He is stalling for time, lying and generally making them mad, but they do begin to understand that they are trying to hunt down Vampires (making them potential allies). Still, not everything seems 'right' about this situation, and they cannot seem to 'break' him to get him to tell the truth.

Well, this seemed like an opportune time to have the rest of the Ghouls show up. Disarming our PC's (and, really, it only takes one Ghoul with Celerity to disarm everyone in a small room), the Ghouls begin to question them on what is going on, and why they are trying to help this other Vampire (or at least prevent them from killing the Vampire).

The leader, Jake, begins driving a wedge between the PC's - they are split as to whether they should be helping the Ghouls (Vampires are bad and should all be destroyed) or stopping them (these Ghouls also seem pretty bad; besides, they know of at least one Vampire who is not necessarily bad...), ending only when Jake realizes just how 'different' these two are...and that perhaps some local Vampire honcho would like to 'buy' them, to learn more about them.

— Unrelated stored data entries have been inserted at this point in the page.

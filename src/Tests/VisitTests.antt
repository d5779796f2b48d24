-- ===== src/Tests/VisitTests.antt =====
-- The theorems on visits and price lists, each at a concrete input.
use proman_edge_ace.Prelude.{
  ◌*◌, ◌≤◌, ◌≡◌, refl, ◌⊎◌, inr, none, some, List, [], ◌∷◌, arith, nat_eq, true,
}
use proman_edge_ace.Prelude.Dict.{lookup}
use proman_edge_ace.Prelude.Text.{trim, utf16_length}
use proman_edge_ace.Domain.Ticketing.{working, ticket_status_eq}
use proman_edge_ace.Domain.Masters.{draft, submitted}
use proman_edge_ace.Domain.Masters
use proman_edge_ace.Schema.{Db, Part, PriceList}
use proman_edge_ace.Env.{Env}
use proman_edge_ace.Action.{ok, err, Error}
use proman_edge_ace.Action.Requests.{serve}
use proman_edge_ace.Store.Tables.Every.{Every}
use proman_edge_ace.Notifications.Failsafe.{Keeps}
use proman_edge_ace.Workflow.{transition}
use proman_edge_ace.Workflow.Rules.{Succeeds}
use proman_edge_ace.Tickets.Progress.{engineer_resolve, resolve_params}
use proman_edge_ace.Visits.{submit, submitted_row, removing_part, adding_part}
use proman_edge_ace.Visits
use proman_edge_ace.Visits.Outcomes.{MaySubmit, OnFile, locked_db, submission_outcome}
use proman_edge_ace.Visits.Locked.{submitted_visit_is_locked}
use proman_edge_ace.Visits.Amounts.{IsReckoned, part_amounts_stay_right}
use proman_edge_ace.Visits.Resolving.{submission_opens_resolution}
use proman_edge_ace.PriceLists
use proman_edge_ace.PriceLists.Defaults.{defaults, one_default_list}
use proman_edge_ace.Tests.Fixtures.{at_time, customer, ticket, visit, db_with, the_engineer}

-- A part of visit 1.
abbrev bearing : Part
bearing = record {
  visit_id = 1;
  item_code = "B1";
  item_name = "Bearing";
  qty = 2;
  uom = "Nos";
  warehouse = "Stores";
  rate = 40;
  selling_rate = 50;
  amount = 100;
}

-- A draft with a part and a photo, of the engineer at work.
abbrev site : Db
site = record (db_with (ticket working (some 2) 0)) {
  visits = (1, visit draft) ∷ [];
  parts = (1, bearing) ∷ [];
  photos = (1, record { visit_id = 1; url = "photo.jpg"; caption = none }) ∷ [];
}

site_OnFile :
    OnFile 1 (visit draft) (ticket working (some 2) 0) (customer Masters.AccountStatus.active) site
site_OnFile = record { visit = refl; ticket = refl; customer = refl }

long_enough : 20 ≤ utf16_length (trim "Replaced the main bearing")
unfolding utf16_length trim
long_enough = omega arith

site_MaySubmit : MaySubmit 1 (visit draft) the_engineer site
unfolding trim
site_MaySubmit = record {
  open_yet = refl;
  is_theirs = refl;
  described = long_enough;
  accounted = inr refl;
  represented = refl;
  signed_off = refl;
  photographed = omega arith;
  attached = refl;
}

submission_outcome_example :
    (MaySubmit 1 (visit draft) the_engineer site
      × ((db' : Db) × (submit 1 the_engineer (at_time 2000) site
            ≡ (ok (submitted_row (at_time 2000) the_engineer (visit draft)), db'))
          × Keeps (locked_db 1 the_engineer (at_time 2000) site) db'))
    ⊎ ((¬ MaySubmit 1 (visit draft) the_engineer site)
        × ((e : Error) × (submit 1 the_engineer (at_time 2000) site ≡ (err e, site))))
submission_outcome_example =
    submission_outcome 1 (visit draft) (ticket working (some 2) 0)
      (customer Masters.AccountStatus.active) the_engineer (at_time 2000) site site_OnFile

submission_opens_resolution_example :
    (db' : Db) × (submit 1 the_engineer (at_time 2000) site
      ≡ (ok (submitted_row (at_time 2000) the_engineer (visit draft)), db'))
    × (engineer_resolve 7 "Replaced the main bearing" the_engineer (at_time 3000) db'
        ≡ transition (resolve_params 7 "Replaced the main bearing" the_engineer) (at_time 3000) db')
    × Succeeds
        (resolve_params 7 "Replaced the main bearing" the_engineer)
        (at_time 3000)
        db'
        (ticket working (some 2) 0)
submission_opens_resolution_example =
    submission_opens_resolution 1 (visit draft) (ticket working (some 2) 0)
      (customer Masters.AccountStatus.active) the_engineer "Replaced the main bearing"
      (at_time 2000) (at_time 3000) site site_OnFile site_MaySubmit refl refl refl long_enough

abbrev more : Visits.AddPart
more = record {
  item_code = "B2";
  item_name = "Belt";
  qty = 3;
  uom = "Nos";
  warehouse = "Stores";
  rate = 5;
  selling_rate = 7;
}

-- A part is taken, and another one put in its place.
abbrev changes : List (Env × Visits.Request)
changes = (at_time 2000, removing_part 1 1) ∷ (at_time 3000, adding_part 1 more) ∷ []

abbrev closed_site : Db
closed_site = record site { visits = (1, visit submitted) ∷ [] }

submitted_visit_is_locked_example :
    lookup 1 (serve Visits.handle changes closed_site).visits ≡ some (visit submitted)
submitted_visit_is_locked_example =
    submitted_visit_is_locked 1 (visit submitted) changes closed_site refl refl

part_amounts_stay_right_example :
    Every (IsReckoned (λ a b. a * b)) (serve Visits.handle changes site).parts
part_amounts_stay_right_example =
    part_amounts_stay_right (λ a b. a * b) changes site (refl, (refl, tt)) (refl, tt)

abbrev standard : PriceList
standard = record { name = "Standard Selling"; is_default = true; is_active = true }

abbrev priced : Db
priced = record site { price_lists = (1, standard) ∷ [] }

one_default_list_example :
    defaults
      (serve PriceLists.handle
        ((at_time 2000, PriceLists.creating "Export" (some true)) ∷ [])
        priced).price_lists
    ≤ 1
one_default_list_example =
    one_default_list ((at_time 2000, PriceLists.creating "Export" (some true)) ∷ []) priced
      (omega arith)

Of course, that would only happen after Jake has a 'taste'...

Using her Ward ability, Daniella fends off the Ghouls, allowing the two of them to escape (barely). Needing to regroup and gain some sort of ally, they decide to go and talk to Viv, to see how she can help, and to warn her about this Ghoul threat.

Now, obviously, I had anticipated there would be some sort of meeting between the PC's and Viv, due to the nature of this group of Ghouls and Vivs status as an 'ally' of sorts. However, I hadn't really decided on any sort of reaction from her, figuring it would more be based on the tone and actions of the PC's. When they met with her, they were very anxious and nervous (especially Izzy - she realized that the Ghouls knew where she worked, and should be able to find out from her boss where she lived, thus increasing her paranoia). So, I decided to play with this, and really heighten the tension and unease.

Viv decided that the best thing she should do would be to warn the local 'Vampire Court' of the existance of these rogue Ghouls. However, she also decided that the PC's should be the ones to tell the Elders directly about the incident (protocol and such - mostly this was a handy way for me to introduce the kind of encounter that should never ever happen in a game like this, but that every GM wants to put in). The main trouble, of course, is that the Elders would have no reason to believe 'ordinary humans', and would get very ticked off at Viv for revealing their secret (their existance) to mortals.

Thus, Viv would have to turn the PC's into Ghouls.

Now, a brief mention of game mechanics and background is in order. In the World of Darkness setting, a Ghoul is, stereotypically, a servant of a Vampire, one who has certain supernatural edges conferred by imbibing Vampire blood. They are still mostly human, but are usually a bit stronger and tougher (and, occassionally, will have access to one or more Vampiric Disciplines). Vampires with enhanced senses can usually tell the difference between a normal human and a Ghouls (thus, simply lying about whether the PC's are Ghouls or not would not work).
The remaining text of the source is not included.